Replit Replit · Enterprise · Remote · Engineering

Staff Site Reliability Engineer role at Replit, focusing on ensuring the reliability, scalability, and performance of their platform infrastructure. Responsibilities include architecting observability solutions, defining reliability standards, leading incident response, driving automation, optimizing Kubernetes performance on GCP, debugging distributed systems, and mentoring engineers.

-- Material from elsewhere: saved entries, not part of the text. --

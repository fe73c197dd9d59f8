-- ===== src/Protocol/Messages/Kinds/RoundTrip.antt =====
-- Every message is read back as it was written, up to what its type leaves out, or refused if it is cut.
use basis_rust_server.Common.{ℕ, ◌^◌, ◌<◌, ◌≡◌, ◌++◌, length, take}
use basis_rust_server.Common.Words.{Bytes}
use basis_rust_server.Protocol.Io.{NetReader, ok, err, underflow, new_writer, new_reader}
use basis_rust_server.Protocol.Io.Carries.{Carries, reads_back, refuses_part}
use basis_rust_server.Protocol.Messages.Rest.{Closes, reads_to_end}
use basis_rust_server.Protocol.Messages.Kinds.{
  Framed, Message, serialize_message, deserialize_message, Closing, LastMessage,
  serialize_last_message, deserialize_last_message, bytes, player_id, client_meta_data,
  client_avatar_change, server_avatar_change, avatar_clone_request, avatar_clone_response,
  ushort_unique_id, local_load_resource, unload_resource, preload_ready, spawn_preloaded,
  ownership_transfer, server_library_item, server_library, error, data_base_request, console_data,
  avatar_load_data, p2p_signal, admin_request, content_share, content_share_cleanup,
  camera_pip_state, camera_pip_position, camera_shutter_sound, camera_countdown,
  client_camera_countdown, additional_avatar_data, local_avatar_sync, ready,
  server_side_sync_player, chat, did_challenge, did_response, audio_segment_data,
  server_audio_segment, avatar_data, remote_avatar_data, scene_data, remote_scene_data,
  server_statistic, net_id, server_net_id,
}
use basis_rust_server.Protocol.Messages.Players.Carried.{
  FitsBytesMessage, bytes_message-Carries, FitsPlayerIdMessage, player_id_message-Carries, named,
  FitsClientMetaDataMessage, client_meta_data_message-Carries, FitsClientAvatarChangeMessage,
  client_avatar_change_message-Carries, FitsServerAvatarChangeMessage,
  server_avatar_change_message-Carries, FitsBasisAvatarCloneRequest,
  basis_avatar_clone_request-Carries, FitsBasisAvatarCloneResponse,
  basis_avatar_clone_response-Carries, FitsUshortUniqueIdMessage, ushort_unique_id_message-Carries,
}
use basis_rust_server.Protocol.Messages.Objects.Carried.{
  arrived, FitsLocalLoadResource, local_load_resource-Carries, FitsUnloadResource,
  unload_resource-Carries, FitsPreloadReadyMessage, preload_ready_message-Carries,
  FitsSpawnPreloadedMessage, spawn_preloaded_message-Carries, FitsOwnershipTransferMessage,
  ownership_transfer_message-Carries, FitsServerLibraryItem, server_library_item-Carries,
  FitsServerLibraryMessage, server_library_message-Carries,
}
use basis_rust_server.Protocol.Messages.Admin.Carried.{
  FitsErrorMessage, error_message-Carries, FitsDataBaseRequest, data_base_request-Carries,
  FitsConsoleData, console_data-Carries, FitsAvatarLoadDataMessage,
  avatar_load_data_message-Carries, FitsBasisP2PSignalMessage, p2p_signal_message-Carries,
  admin_request-Carries,
}
use basis_rust_server.Protocol.Messages.Sharing.Carried.{
  FitsContentShareMessage, content_share_message-Carries, FitsContentShareCleanupMessage,
  content_share_cleanup_message-Carries,
}
use basis_rust_server.Protocol.Messages.Cameras.Carried.{
  shown, FitsCameraPipStateMessage, camera_pip_state_message-Carries, FitsCameraPipPositionMessage,
  camera_pip_position_message-Carries, FitsCameraShutterSoundMessage,
  camera_shutter_sound_message-Carries, FitsCameraCountdownMessage,
  camera_countdown_message-Carries, FitsClientCameraCountdownMessage,
  client_camera_countdown_message-Carries,
}
use basis_rust_server.Protocol.Messages.Avatars.Carried.{
  kept_data, additional_avatar_data-Carries, kept_sync, FitsLocalAvatarSyncMessage,
  local_avatar_sync_message-Carries, kept_ready, FitsReadyMessage, ready_message-Carries,
  kept_side_sync, FitsServerSideSyncPlayerMessage, server_side_sync_player_message-Carries,
}
use basis_rust_server.Protocol.Messages.Talk.Carried.{
  heard, chat_message-Carries, FitsAudioSegmentDataMessage, audio_segment_data_message-Closes,
  FitsServerAudioSegmentMessage, server_audio_segment_message-Closes, FitsAvatarDataMessage,
  avatar_data_message-Closes, FitsRemoteAvatarDataMessage, remote_avatar_data_message-Closes,
  FitsSceneDataMessage, scene_data_message-Closes, FitsRemoteSceneDataMessage,
  remote_scene_data_message-Closes, FitsServerStatisticMessage, server_statistic_message-Closes,
}
use basis_rust_server.Protocol.Did.{
  did_challenge-Carries, answered, FitsDidResponse, did_response-Carries,
}
use basis_rust_server.Protocol.Messages.Players.NetIds.{
  FitsNetIdMessage, net_id_message-Closes, FitsServerNetIdMessage, server_net_id_message-Closes,
}

-- The texts are UTF-8, and numbers, texts and lists have room in their fields.
abbrev pub Fits : (k : Framed) → Message k → Type 0
Fits bytes m = FitsBytesMessage m
Fits player_id m = FitsPlayerIdMessage m
Fits client_meta_data m = FitsClientMetaDataMessage m
Fits client_avatar_change m = FitsClientAvatarChangeMessage m
Fits server_avatar_change m = FitsServerAvatarChangeMessage m
Fits avatar_clone_request m = FitsBasisAvatarCloneRequest m
Fits avatar_clone_response m = FitsBasisAvatarCloneResponse m
Fits ushort_unique_id m = FitsUshortUniqueIdMessage m
Fits local_load_resource m = FitsLocalLoadResource m
Fits unload_resource m = FitsUnloadResource m
Fits preload_ready m = FitsPreloadReadyMessage m
Fits spawn_preloaded m = FitsSpawnPreloadedMessage m
Fits ownership_transfer m = FitsOwnershipTransferMessage m
Fits server_library_item m = FitsServerLibraryItem m
Fits server_library m = FitsServerLibraryMessage m
Fits error m = FitsErrorMessage m
Fits data_base_request m = FitsDataBaseRequest m
Fits console_data m = FitsConsoleData m
Fits avatar_load_data m = FitsAvatarLoadDataMessage m
Fits p2p_signal m = FitsBasisP2PSignalMessage m
Fits admin_request m = Unit {0}
Fits content_share m = FitsContentShareMessage m
Fits content_share_cleanup m = FitsContentShareCleanupMessage m
Fits camera_pip_state m = FitsCameraPipStateMessage m
Fits camera_pip_position m = FitsCameraPipPositionMessage m
Fits camera_shutter_sound m = FitsCameraShutterSoundMessage m
Fits camera_countdown m = FitsCameraCountdownMessage m
Fits client_camera_countdown m = FitsClientCameraCountdownMessage m
Fits additional_avatar_data m = Unit {0}
Fits local_avatar_sync m = FitsLocalAvatarSyncMessage m
Fits ready m = FitsReadyMessage m
Fits server_side_sync_player m = FitsServerSideSyncPlayerMessage m
Fits chat m = Unit {0}
Fits did_challenge m = length m.bytes < 2 ^ 16
Fits did_response m = FitsDidResponse m

-- What arrives of a message.
abbrev pub received : (k : Framed) → Message k → Message k
received bytes m = m
received player_id m = m
received client_meta_data m = named m
received client_avatar_change m = m
received server_avatar_change m = m
received avatar_clone_request m = m
received avatar_clone_response m = m
received ushort_unique_id m = m
received local_load_resource m = arrived m
received unload_resource m = m
received preload_ready m = m
received spawn_preloaded m = m
received ownership_transfer m = m
received server_library_item m = m
received server_library m = m
received error m = m
received data_base_request m = m
received console_data m = m
received avatar_load_data m = m
received p2p_signal m = m
received admin_request m = m
received content_share m = m
received content_share_cleanup m = m
received camera_pip_state m = shown m
received camera_pip_position m = m
received camera_shutter_sound m = m
received camera_countdown m = m
received client_camera_countdown m = m
received additional_avatar_data m = kept_data m
received local_avatar_sync m = kept_sync m
received ready m = kept_ready m
received server_side_sync_player m = kept_side_sync m
received chat m = heard m
received did_challenge m = m
received did_response m = answered m

message-Carries :
    (k : Framed) (m : Message k)
    → Fits k m
    → Carries (serialize_message k m) (deserialize_message k) (received k m)
unfolding serialize_message deserialize_message
message-Carries bytes m h = bytes_message-Carries m h
message-Carries player_id m h = player_id_message-Carries m h
message-Carries client_meta_data m h = client_meta_data_message-Carries m h
message-Carries client_avatar_change m h = client_avatar_change_message-Carries m h
message-Carries server_avatar_change m h = server_avatar_change_message-Carries m h
message-Carries avatar_clone_request m h = basis_avatar_clone_request-Carries m h
message-Carries avatar_clone_response m h = basis_avatar_clone_response-Carries m h
message-Carries ushort_unique_id m h = ushort_unique_id_message-Carries m h
message-Carries local_load_resource m h = local_load_resource-Carries m h
message-Carries unload_resource m h = unload_resource-Carries m h
message-Carries preload_ready m h = preload_ready_message-Carries m h
message-Carries spawn_preloaded m h = spawn_preloaded_message-Carries m h
message-Carries ownership_transfer m h = ownership_transfer_message-Carries m h
message-Carries server_library_item m h = server_library_item-Carries m h
message-Carries server_library m h = server_library_message-Carries m h
message-Carries error m h = error_message-Carries m h
message-Carries data_base_request m h = data_base_request-Carries m h
message-Carries console_data m h = console_data-Carries m h
message-Carries avatar_load_data m h = avatar_load_data_message-Carries m h
message-Carries p2p_signal m h = p2p_signal_message-Carries m h
message-Carries admin_request m h = admin_request-Carries m
message-Carries content_share m h = content_share_message-Carries m h
message-Carries content_share_cleanup m h = content_share_cleanup_message-Carries m h
message-Carries camera_pip_state m h = camera_pip_state_message-Carries m h
message-Carries camera_pip_position m h = camera_pip_position_message-Carries m h
message-Carries camera_shutter_sound m h = camera_shutter_sound_message-Carries m h
message-Carries camera_countdown m h = camera_countdown_message-Carries m h
message-Carries client_camera_countdown m h = client_camera_countdown_message-Carries m h
message-Carries additional_avatar_data m h = additional_avatar_data-Carries m
message-Carries local_avatar_sync m h = local_avatar_sync_message-Carries m h
message-Carries ready m h = ready_message-Carries m h
message-Carries server_side_sync_player m h = server_side_sync_player_message-Carries m h
message-Carries chat m h = chat_message-Carries m
message-Carries did_challenge m h = did_challenge-Carries m h
message-Carries did_response m h = did_response-Carries m h

-- A message whose parts fit their fields is read back from what was written of it, whatever bytes follow,
-- and the reader stands behind it. It arrives as it was, but for what its type does not carry: an empty name
-- of a player becomes "Failure" and an empty fragment "N/A"; a chat message is cut to 512 bytes and additional
-- data to 255; without data its index, and the link of the avatar, are zero; a resource has a placement in mode
-- 0 only and a camera has one while it is active.
pub deserialize_message-serialize_message :
    (k : Framed) (m : Message k) (tail : Bytes)
    → Fits k m
    → let written = (serialize_message k m new_writer).bytes in
      deserialize_message k (new_reader (written ++ tail))
      ≡ ok (received k m, record { bytes = written ++ tail; pos = length written })
deserialize_message-serialize_message k m tail h =
    reads_back (serialize_message k m) (deserialize_message k) tail (message-Carries k m h)

-- If a packet ends before such a message does, reading it fails, and the error says that bytes are missing.
pub deserialize_message-part :
    (k : Framed) (m : Message k) (n : ℕ)
    → Fits k m
    → n < length (serialize_message k m new_writer).bytes
    → (needed left : ℕ) × (deserialize_message k
          (new_reader (take n (serialize_message k m new_writer).bytes))
        ≡ err (underflow needed left))
deserialize_message-part k m n h =
    refuses_part (serialize_message k m) (deserialize_message k) n (message-Carries k m h)

abbrev pub FitsLast : (k : Closing) → LastMessage k → Type 0
FitsLast audio_segment_data m = FitsAudioSegmentDataMessage m
FitsLast server_audio_segment m = FitsServerAudioSegmentMessage m
FitsLast avatar_data m = FitsAvatarDataMessage m
FitsLast remote_avatar_data m = FitsRemoteAvatarDataMessage m
FitsLast scene_data m = FitsSceneDataMessage m
FitsLast remote_scene_data m = FitsRemoteSceneDataMessage m
FitsLast server_statistic m = FitsServerStatisticMessage m
FitsLast net_id m = FitsNetIdMessage m
FitsLast server_net_id m = FitsServerNetIdMessage m

last_message-Closes :
    (k : Closing) (m : LastMessage k)
    → FitsLast k m
    → Closes (serialize_last_message k m) (deserialize_last_message k) m
unfolding serialize_last_message deserialize_last_message
last_message-Closes audio_segment_data m h = audio_segment_data_message-Closes m h
last_message-Closes server_audio_segment m h = server_audio_segment_message-Closes m h
last_message-Closes avatar_data m h = avatar_data_message-Closes m h
last_message-Closes remote_avatar_data m h = remote_avatar_data_message-Closes m h
last_message-Closes scene_data m h = scene_data_message-Closes m h
last_message-Closes remote_scene_data m h = remote_scene_data_message-Closes m h
last_message-Closes server_statistic m h = server_statistic_message-Closes m h
last_message-Closes net_id m h = net_id_message-Closes m h
last_message-Closes server_net_id m h = server_net_id_message-Closes m h

-- A message that takes up the rest of its packet is read back as it was, if its numbers and lists have
-- room in their fields, and if a name that an id belongs to is not empty.
pub deserialize_last_message-serialize_last_message :
    (k : Closing) (m : LastMessage k)
    → FitsLast k m
    → (r : NetReader) × (deserialize_last_message k
          (new_reader (serialize_last_message k m new_writer).bytes)
        ≡ ok (m, r))
deserialize_last_message-serialize_last_message k m h =
    reads_to_end (serialize_last_message k m) (deserialize_last_message k)
      (last_message-Closes k m h)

Requires 8-10 years of SRE experience, strong programming in Python/Go, deep understanding of distributed systems, Kubernetes, and observability tools.

What you'd actually do

  1. Design, build, and lead the implementation of comprehensive monitoring, logging, and tracing solutions.
  2. Work with product and engineering teams to define, implement, and track Service Level Objectives (SLOs) and Service Level Indicators (SLIs).
  3. Act as a senior leader during high-impact incidents, guiding the team to rapid resolution.
  4. Architect, build, and improve automation to eliminate toil and operational work.
  5. Collaborate with core infrastructure and product teams to performance-tune and optimize our large-scale cloud deployments, with a deep focus on Kubernetes, Docker, and GCP.

Skills

Required

  • 8-10 years of experience in Site Reliability Engineering or similar roles
  • Strong programming skills in languages like Python or Go
  • Deep understanding of distributed systems
  • Deep experience with container orchestration platforms, specifically Kubernetes, and cloud-native technologies
  • Proven track record of designing, implementing, and maintaining sophisticated monitoring and observability solutions
  • Strong incident management skills
  • Experience with infrastructure as code (e.g., Terraform, Pulumi)
  • Excellent written and verbal communication skills
  • Strong interpersonal skills
  • A willingness to dive into understanding, debugging, and improving any layer of the stack

Nice to have

  • Deep experience with Google Cloud Platform (GCP) services and tools
  • Expert-level knowledge of modern observability platforms (e.g., Prometheus, Grafana, Datadog, OpenTelemetry)
  • Experience designing and building reliable systems capable of handling high throughput and low latency
  • Significant experience with Go and Terraform
  • Familiarity with working in rapid-growth, startup environments
  • Experience writing company-facing blog posts and training materials

What the JD emphasized

  • reliability
  • scalability
  • performance
  • automation
  • observability
  • incident response
  • Kubernetes
  • GCP
  • Python
  • Go
  • distributed systems